The similarities between Narendra Modi today and Uma Bharti then are evident enough: both are charismatic OBC leaders in an organisation that till recently was dominated by upper-caste leaders; both are icons of Hindutva, one for her association with the Babri demolition, the other for his association with the 2002 violence in Gujarat; and both, against this background, have run highly successful electoral campaigns ostensibly focused on development.

But despite her campaign, the influence of the Sangh was soon visible in the Uma Bharti state government, and we are likely to witness much the same now in Delhi. To worry about whether Modi is willing to do the bidding of the RSS is meaningless. Like Uma Bharti, he embodies the Sangh’s worldview, and whether he puts it into practice at the RSS’s behest or on his own matters little.

The appointment of Y Sudershan Rao as ICHR chief by the Modi government is only the beginning.
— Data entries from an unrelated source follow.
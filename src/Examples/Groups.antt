-- ===== src/Examples/Groups.antt =====
-- Groups of server/storage/repo/conversation_repo.py on the small server.
use mini_im.Prelude.{String_discrete, true, false, none, max, some, [], ◌∷◌, ◌≡◌, ◌⊎◌, refl}
use mini_im.Storage.Db.{Db}
use mini_im.Storage.ConversationRepo.{is_key, has_any_user, get_conversation, ConversationRecord}
use mini_im.Storage.ConversationRepo.Create.{
  Creation, CreateConversationResult, create_conversation,
}
use mini_im.Storage.ConversationRepo.Members.{leave_conversation, join_conversation}
use mini_im.Storage.ConversationRepo.Positions.{kept}
use mini_im.Storage.ConversationRepo.Return.{
  left, joined as joined_again, depart, arrive, arrive-depart,
}
use mini_im.Storage.ConversationRepo.Again.{create_conversation-again, repeated}
use mini_im.Storage.DeliveryRepo.Receipts.{position_in}
use mini_im.Examples.Fixture.{dots, env, joined, posted}

-- bob has read one message.
abbrev read : Db
read = record posted {
  conversation_members =
      record (joined "bob" "member") { last_read_seq = 1 } ∷ joined "ann" "owner" ∷ [];
}

bob_at_one : position_in "g" "bob" read.conversation_members ≡ some 1
unfolding position_in is_key String_discrete
bob_at_one = refl

-- bob leaves the group and joins again.
abbrev without_bob : Db
without_bob = depart env 8 "g" "bob" left read

bob_away : position_in "g" "bob" without_bob.conversation_members ≡ none
unfolding depart leave_conversation position_in is_key String_discrete
bob_away = refl

bob_back :
    position_in "g" "bob" (arrive env 9 "g" "bob" joined_again without_bob).conversation_members
    ≡ some 1
unfolding arrive join_conversation depart leave_conversation position_in is_key String_discrete
bob_back = refl

arrive-depart_example : 1 ≡ max (kept "g" "bob" read) 1
arrive-depart_example =
    arrive-depart env "g" "bob" left joined_again 8 9 1 1 read without_bob bob_at_one bob_away
      bob_away refl bob_back

abbrev nothing : CreateConversationResult
nothing = record {
  conversation = record {
    event_id = "";
    conversation_id = "";
    updated_at_ms = 0;
    title = "";
    type = 0;
    owner_id = "";
    member_ids = [];
  };
  sync_events = [];
  created = false;
}

abbrev result_of : Creation → CreateConversationResult
result_of (Creation.done r) = r
result_of Creation.member_missing = nothing
result_of Creation.must_exist = nothing

abbrev founded : Creation × Db
founded = create_conversation env 5 "ann" "c9" "new" ("bob" ∷ []) 2 posted

founded_done : founded.0 ≡ Creation.done (result_of founded.0)
unfolding create_conversation String_discrete dots
founded_done = refl

posted_used : has_any_user posted ≡ true
unfolding has_any_user
posted_used = refl

create_conversation-again_example :
    (create_conversation env 6 "ann" "c9" "other" [] 2 founded.1
      ≡ (Creation.member_missing, founded.1))
    ⊎ ((r : ConversationRecord) × (get_conversation founded.1
            (result_of founded.0).conversation.conversation_id
          ≡ some r)
        × (create_conversation env 6 "ann" "c9" "other" [] 2 founded.1 ≡ (
          repeated env 5 6 "ann" "c9" "new" "other"
              ("bob" ∷ [])
              []
              2
              2
              posted
              (result_of founded.0)
              r,
          founded.1,
        )))
create_conversation-again_example =
    create_conversation-again env 5 6 "ann" "c9" "new" "other" ("bob" ∷ []) [] 2 2 posted
      (result_of founded.0) posted_used founded_done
Romila Thapar, in her reasoned examination of Rao’s appointment, writes that “Professor Rao’s work is unfamiliar to most historians, with little visibility of research that he might have carried out.” Rao, in turn, has made no secrets of his intentions—he wants to promote an Indian way of looking at history, but for him, this is the same as the Sangh’s way of looking at history.

Today, while we keep saying the country has shifted rightwards, we do not make an important distinction. To turn rightwards and to turn Sangh-wards are not equivalent. A rightwards turn need not mean a shift away from intellectual rigour—certainly, moving to the right as an economist does not involve accepting the Sangh view on the economy. Nor should leaning to the right mean a denial of facts; a Sangh-wards turn, however, does.
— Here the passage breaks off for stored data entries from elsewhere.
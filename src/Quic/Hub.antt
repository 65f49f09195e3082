-- ===== src/Quic/Hub.antt =====
-- server/quic/server.py, `OnlineSessionHub`: the connections of the users that are online. A
-- connection is a number; a set of connections is a list, in no order that a theorem uses.
pub mod Buckets
pub mod Online
pub mod Fanout
use mini_im.Prelude.{
  ℕ, String, Bool, true, false, ◌&&◌, ◌||◌, not, Option, none, some, List, [], ◌∷◌, ◌++◌,
  if◌then◌else◌, ◌==◌,
}
use mini_im.Storage.SyncEvent.{StoredSyncEvent}
use mini_im.Quic.Dict.{get, put, remove}
use mini_im.Quic.Upload.{UploadRegistry, new_registry, same_file, release_owner}

pub record OnlineSessionHub : Type 0 where
  pub uploads : UploadRegistry
  pub protocols : List (String × List ℕ)

unfoldable pub new_hub : ℕ → OnlineSessionHub
unfolding new_registry
new_hub upload_idle_ms = record { uploads = new_registry upload_idle_ms; protocols = [] }

-- `protocol in bucket`, `bucket.add(protocol)` and `bucket.discard(protocol)`.
unfoldable pub member : ℕ → List ℕ → Bool
member p [] = false
member p (q ∷ bucket) = p == q || member p bucket

unfoldable pub add : ℕ → List ℕ → List ℕ
unfolding member
add p bucket = if member p bucket then bucket else p ∷ bucket

unfoldable pub discard : ℕ → List ℕ → List ℕ
discard p [] = []
discard p (q ∷ bucket) = let rest = discard p bucket in if p == q then rest else q ∷ rest

-- `self.m_protocols.get(user_id, set())`
unfoldable pub bucket_of : String → List (String × List ℕ) → List ℕ
unfolding get
bucket_of user_id protocols = elim (get same_file user_id protocols) [
  | none ↦ []
  | some bucket ↦ bucket
]

unfoldable pub register : String → ℕ → OnlineSessionHub → OnlineSessionHub
unfolding add bucket_of put
register user_id protocol hub = record hub {
  protocols = put same_file user_id (add protocol (bucket_of user_id hub.protocols)) hub.protocols;
}

-- What is left of a bucket; an empty one is popped.
unfoldable pub settle_bucket : String → List ℕ → List (String × List ℕ) → List (String × List ℕ)
unfolding put remove
settle_bucket user_id [] protocols = remove same_file user_id protocols
settle_bucket user_id (q ∷ bucket) protocols = put same_file user_id (q ∷ bucket) protocols

-- `none` is the `KeyError` of `release_owner`.
unfoldable pub unregister : String → ℕ → OnlineSessionHub → Option OnlineSessionHub
unfolding release_owner get discard settle_bucket
unregister user_id protocol hub = elim (release_owner protocol none hub.uploads) [
  | none ↦ none
  | some uploads ↦ elim (get same_file user_id hub.protocols) [
    | none ↦ some (record hub { uploads = uploads })
    | some bucket ↦ some (record {
      uploads = uploads;
      protocols = settle_bucket user_id (discard protocol bucket) hub.protocols;
    })
  ]
]

-- `exclude_protocol is not None and protocol is exclude_protocol`
unfoldable pub is_excluded : Option ℕ → ℕ → Bool
is_excluded none p = false
is_excluded (some q) p = p == q

-- The calls of `send_sync_event` that `fanout_sync_events` makes, in order.
unfoldable pub send_to : StoredSyncEvent → Option ℕ → List ℕ → List (ℕ × StoredSyncEvent)
unfolding is_excluded
send_to event exclude [] = []
send_to event exclude (p ∷ bucket) =
    let rest = send_to event exclude bucket in
    if is_excluded exclude p then rest else (p, event) ∷ rest

unfoldable pub fanout_sync_events :
    List StoredSyncEvent → Option ℕ → OnlineSessionHub → List (ℕ × StoredSyncEvent)
unfolding bucket_of send_to
fanout_sync_events [] exclude hub = []
fanout_sync_events (event ∷ events) exclude hub =
    send_to event exclude (bucket_of event.user_id hub.protocols)
    ++ fanout_sync_events events exclude hub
Those who see themselves as belonging to the right today, in their defensiveness, are willing to deny even Romila Thapar her due. But even they cannot lightly dismiss Arun Shourie’s conclusion to the new edition of his book, Eminent Historians: Their technology, their line, their fraud, where he cautions:

… the influence of these [Left] eminences is on the wane. But their trajectory holds important lessons for those who lament what they have done over the decades to our self-perception and our discourse.

First, they believed in reflection, in reading and writing. True, as we have noticed, many of the icons of the Left poured scorn on ‘intellectuals.’ But many on the Right are not just anti-intellectual, they give the impression of being anti-intellect. Traditions cannot be rejuvenated, however, nations cannot be built, certainly ever-changing challenges cannot be met without ideas—without ideas worked out in detail.

Second, several of them were hardworking. That cannot always be said of those who would supplant them. …

Third, several of them were skilled in polemics. Many of those who would displace them have been talking only to the converted.

Fourth, one must at all costs, adhere to the truth. The falsehoods and fabrications of the Left have blown their case. Falsehood will fall apart just as certainly in the case of the Right, and invite the same consequence. …

Fifth, facts—not abuse. …

What holds for abuse, holds all the more for intimidation. The answer to a book is a better book, not working up a rage and demanding that it be banned or taken out of circulation.

I do not pretend to know Arun Shourie’s mind, but in the caution he holds out for the right, I see a worry about the dogmatism of the Sangh. This dogmatism is not a new danger—it has been a danger to the very premise of this republic from the time of its inception. This should not be a lesson that every generation needs to learn anew.